Following along from the previous article in this series, we are going to familiarize ourselves with more queries like the term query, multi-match query and the bool query. We will be seeing how each query works and how and when to apply them.

Sample documents: For demonstration purposes, we will use the documents indexed in the previous article.

Prefix Query

Examine the employee-id field of our documents. Presume that the first two letters of the employee-id represents the two letter state code of the office in which the employee is working. The next letter denotes the gender, M for male and F for female, of the employee. The rest represents the unique id number for the employee.

Therefore, NY M-2389 depicts that the employee is male, with a unique id of 2389, and is working in the company’s New York office, denoted by NY.

We want to know how many employees are from New York, and how many of them are male in our database. Prefix query can help us with such a scenario. Use the following prefix query and examine the results:

{
  "query": {
    "prefix": {
      "employee-id": "NY M"
    }
  }
}

In the result we see two documents that have matched our query. By examining the employee-id field we can be sure we have the right information. Note that the field to be applied with the prefix query should be mapped not_analyzed, otherwise it will be split into tokens and generate erroneous results.

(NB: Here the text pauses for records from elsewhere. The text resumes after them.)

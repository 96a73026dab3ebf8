-- ===== src/MarkSweep/Session/Allocating.antt =====
-- What `gc_alloc_typed` does with the algorithm of src/algo/marksweep/ms.c: the object is the
-- algorithm's, or a plain one that the algorithm does not know, or there is none.
use xgc.MarkSweep.{MarkSweepState}
use xgc.MarkSweep.Algorithm.{Answers, vtable, alloc, record_alloc, initial_header}
use xgc.Object.{Memory, Header, Descriptor, set_header, calloc_object, zeroed_header, header_size}
use xgc.Runtime.{Runtime}
use xgc.Runtime.Allocation.{alloc_typed, filled}
use xgc.Runtime.Flags.{update_header}
use xgc.Prelude.{
  ℕ, ◌^◌, ◌≤◌, ◌<◌, ◌≡◌, refl, true, false, not, ◌&&◌, ◌||◌, Option, none, some, ◌∷◌, Ptr, null,
  is_none, arith, ltb, ◌==◌, if◌then◌else◌,
}

module _ (desc : Descriptor) (size alloc_flags : ℕ) where
  -- The header of an object that the algorithm allocates.
  abbrev pub typed_header : Header
  typed_header = filled desc size alloc_flags (initial_header (some desc) size alloc_flags)

  abbrev pub raw_header : Header
  raw_header = filled desc size alloc_flags zeroed_header

  pub typed_header_lem :
      header_size ≤ size
      → size < 2 ^ 32
      → (typed_header.size ≡ size) × (is_none typed_header.desc ≡ false)
  unfolding filled initial_header
  typed_header_lem lo hi = ground arith

  pub raw_header_lem :
      header_size ≤ size
      → size < 2 ^ 32
      → (raw_header.size ≡ size) × (is_none raw_header.desc ≡ false)
  unfolding filled
  raw_header_lem lo hi = ground arith

  abbrev pub typed_memory : Memory → Ptr → Memory
  typed_memory m obj =
      update_header
        (set_header (calloc_object m obj size) obj
          (some (initial_header (some desc) size alloc_flags)))
        obj (filled desc size alloc_flags)

  abbrev pub raw_memory : Memory → Ptr → Memory
  raw_memory m obj = update_header (calloc_object m obj size) obj (filled desc size alloc_flags)

  pub typed_memory-header :
      (m : Memory) (obj q : Ptr)
      → (typed_memory m obj).header q ≡ (if obj == q then some typed_header else m.header q)
  unfolding update_header set_header calloc_object
  typed_memory-header m obj q = ground arith

  pub raw_memory-header :
      (m : Memory) (obj q : Ptr)
      → (raw_memory m obj).header q ≡ (if obj == q then some raw_header else m.header q)
  unfolding update_header set_header calloc_object
  raw_memory-header m obj q = ground arith

  module _ (a : Answers) (raw : Ptr) (rt : Runtime MarkSweepState) (state : MarkSweepState)
      (attached : rt.algo_state ≡ some state) (room : header_size ≤ size) where
    -- The runtime with a new object of the algorithm.
    abbrev pub with_object : Runtime MarkSweepState
    with_object = record rt {
      algo_state =
          some (record { objects = record { obj = a.object; marked = false } ∷ state.objects });
      stats = record_alloc rt.stats size;
      memory = typed_memory rt.memory a.object;
    }

    abbrev pub with_raw : Runtime MarkSweepState
    with_raw = record rt { memory = raw_memory rt.memory raw }

    pub alloc_typed-some :
        (not (a.object == null) && a.node_granted) ≡ true
        → alloc_typed (vtable a) raw rt (some desc) size alloc_flags ≡ some (a.object, with_object)
    unfolding alloc_typed alloc
    alloc_typed-some h = ground (arith, attached)

    pub alloc_typed_raw :
        (not (a.object == null) && a.node_granted) ≡ false
        → alloc_typed (vtable a) raw rt (some desc) size alloc_flags
          ≡ some (if raw == null then (null, rt) else (raw, with_raw))
    unfolding alloc_typed alloc
    alloc_typed_raw h = ground (arith, attached)

pub alloc_typed_refused :
    (a : Answers) (raw : Ptr) (rt : Runtime MarkSweepState) (desc : Option Descriptor)
    (size alloc_flags : ℕ)
    → (is_none desc || ltb size header_size) ≡ true
    → alloc_typed (vtable a) raw rt desc size alloc_flags ≡ some (null, rt)
unfolding alloc_typed
alloc_typed_refused a raw rt none size alloc_flags h = refl
alloc_typed_refused a raw rt (some d) size alloc_flags h = ground arith
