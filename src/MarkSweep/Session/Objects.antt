-- ===== src/MarkSweep/Session/Objects.antt =====
-- Allocations and header writes keep a program's runtime sound (src/core/runtime.c with
-- src/algo/marksweep/ms.c).
use xgc.MarkSweep.{Node, MarkSweepState, find_node}
use xgc.MarkSweep.Algorithm
use xgc.MarkSweep.Held.{held_bytes}
use xgc.MarkSweep.Nodes.{known, marked}
use xgc.MarkSweep.Session.{IsSound}
use xgc.Runtime.Program.{is_object}
use xgc.Object.{Memory, Header}
use xgc.Runtime.{Runtime}
use xgc.Runtime.Freeing.{bytes_at}
use xgc.Prelude.{
  ℕ, ◌+◌, ◌<◌, ◌≡◌, ◌≢◌, refl, ◌∙◌, ap, true, false, Option, none, some, List, [], ◌∷◌, Ptr, null,
  is_none, arith, ◌==◌, if◌then◌else◌, size_mod,
}

pub held_bytes_ext :
    (f g : Ptr → Option Header) (ns : List Node)
    → ((q : Ptr) → known ns q ≡ true → bytes_at (f q) ≡ bytes_at (g q))
    → held_bytes f ns ≡ held_bytes g ns
unfolding held_bytes known find_node
held_bytes_ext f g [] h = refl
held_bytes_ext f g (n ∷ ns) h =
    ground (arith, h n.obj (ground arith), held_bytes_ext f g ns (λ q k. h q (ground (arith, k))))

module _ (rt : Runtime MarkSweepState) (state : MarkSweepState) (s : IsSound rt state) where
  -- No object of the collector lives at an address that the allocator answers.
  pub known-fresh : (obj : Ptr) → rt.memory.header obj ≡ none → known state.objects obj ≡ false
  known-fresh obj fresh = ground (arith, s.headers obj)

  -- Another memory, with the objects where they were and as large.
  pub with_memory-IsSound :
      (m : Memory)
      → ((q : Ptr) → is_object (rt.memory.header q) ≡ true → is_object (m.header q) ≡ true)
      → ((q : Ptr)
          → known state.objects q ≡ true
          → bytes_at (m.header q) ≡ bytes_at (rt.memory.header q))
      → IsSound (record rt { memory = m }) state
  with_memory-IsSound m keeps same = record {
    ready = record {
      attached = s.ready.attached;
      distinct = s.ready.distinct;
      white = s.ready.white;
      worklist = record { size = s.ready.worklist.size; pointer = s.ready.worklist.pointer };
    };
    headers = λ q k. keeps q (s.headers q k);
    targets = λ q k. keeps q (s.targets q k);
    named = s.named;
    total =
        s.total
        ∙ held_bytes_ext rt.memory.header m.header state.objects (λ q k. ground (arith, same q));
    peak = s.peak;
    barriers = s.barriers;
    heap = s.heap;
    gc_state = s.gc_state;
  }

  module _ (m : Memory) (obj : Ptr) (h : Header) (size : ℕ)
      (header_lem : (q : Ptr) → m.header q ≡ (if obj == q then some h else rt.memory.header q))
      (sized : h.size ≡ size) (typed : is_none h.desc ≡ false) (nonzero : size ≢ 0)
      (fresh : rt.memory.header obj ≡ none) where
    fresh_at : (q : Ptr) → obj ≡ q → rt.memory.header q ≡ none
    fresh_at q e = ap rt.memory.header {x = q} {y = obj} (omega arith) ∙ fresh

    -- A new object that the algorithm does not know.
    pub fresh-IsSound : IsSound (record rt { memory = m }) state
    fresh-IsSound =
        with_memory-IsSound m (λ q k. ground (arith, header_lem q))
          (λ q k. ground (arith, header_lem q, fresh_at q, s.headers q))

    -- A new object of the algorithm.
    abbrev pub grown_state : MarkSweepState
    grown_state = record { objects = record { obj = obj; marked = false } ∷ state.objects }

    abbrev pub grown_runtime : Runtime MarkSweepState
    grown_runtime = record rt {
      algo_state = some grown_state;
      stats = Algorithm.record_alloc rt.stats size;
      memory = m;
    }

    pub grown-IsSound :
        obj ≢ null → rt.stats.total_allocated + size < size_mod → IsSound grown_runtime grown_state
    unfolding known marked find_node held_bytes
    grown-IsSound ne fits =
        let f = fresh-IsSound in
        record {
          ready = record {
            attached = refl;
            distinct = (ground (arith, known-fresh obj fresh), ne, s.ready.distinct);
            white = λ q. ground (arith, s.ready.white q);
            worklist = record { size = s.ready.worklist.size; pointer = s.ready.worklist.pointer };
          };
          headers = λ q k. ground (arith, header_lem q, f.headers q);
          targets = f.targets;
          named = s.named;
          total = ground (arith, header_lem obj, f.total);
          peak = ground (arith, s.peak);
          barriers = s.barriers;
          heap = s.heap;
          gc_state = s.gc_state;
        }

Examine how the prefix query works by taking into consideration the inverted index of the documents (referring to only employee-id field):

Term            Document
NY M-2389         1
IL F-2213         2
NY M-3456         3

Our prefix query string was NY M . Therefore, the query would start looking from the first term and if it found a match, store the document id and if not will skip to the next term. After this cycle the query result would be left holding the document ids of the terms that have matched, in this case document 1 and document 3.

In this iteration, prefix query won’t be calculating the relevance score for the documents. Instead, it returns a score of 1 for all the documents. Also, as the number of words in the prefix query string decreases, it might take more cycles to compute the results. This is because it would be requiring it to check more documents, and hence more load to the cluster. It is not advisable to apply this query where there are large number of documents in the index. Techniques like making the query string larger and applying to moderate databases would help in better performance results.

Term query

Term query provides us the option with querying on the tokens generated in each field. The given query string is compared against the terms in the inverted index for a match. Here the term query string does not undergo any analysis. Look at a simple example:

{
  "query": {
    "term": {
      "name": "turner"
    }
  }
}

This term query will match two documents, documents 1 and 3, since they contain the term turner in their name fields. Refer to the inverted index mentioned in the match query section. What happens if the query string is capitalized? Run the query with the query string Turner instead of turner. Since the query string is not analyzed, there will not be any results. The inverted index is turner and the query string is Turner, therefore, no match occurs.

Multi-match query

What if we need to run the same query in multiple fields? In such cases we can use the multi-match query. Let us demonstrate it with a query:

{
  "query": {
    "multi-match": {
      "query": "porche",
      "fields": [
        "status",
        "favourite_car"
      ]
    }
  }
}

By running this query we can see that documents 1 and 2 were listed as the results. They contain the query strings in at least one of the fields mentioned in the query.

Bool query

Bool query is used in cases when needed to match multiple query clauses. Bool query accepts the following parameters:

  1. must – The query clauses in this parameter is required in the documents, otherwise they would be excluded from the search results.
  2. must_not – The documents matching the query clauses in this parameter would be excluded from the search results.
  3. should – If the documents matches the query clauses in this parameter, it will increase their score. In effect, any clauses matching in this parameter would help improve the score of the document.

The total score of each search result is calculated by combining the scores from each, must, and should query clause matches. In our example, if we apply certain conditions:

  1. Include all documents with the term feeling in the field status
  2. Exclude all the documents with audi in the field favourite_car
  3. Make more relevant if the field dessert contains the term milkshakes

The above clauses can be translated to the following bool query:

{
  "bool": {
    "must": {
      "match": {
        "status": "feeling"
      }
    },
    "must_not": {
      "match": {
        "favourite_car": "audi"
      }
    },
    "should": [
      {
        "match": {
          "dessert": "milkshakes"
        }
      }
    ]
  }
}

There are only two documents matching the above criteria, which is documents  1 and 2. Amongst them, since the should query matched for document 2, it will have the highest relevance_score assigned.

Conclusion

In this post, we have seen the application of the prefix, term, multi-match, and bool queries in detail. In the next, we will see an advanced case of the bool query. We will name each query so that we can understand which query matched and which didn’t.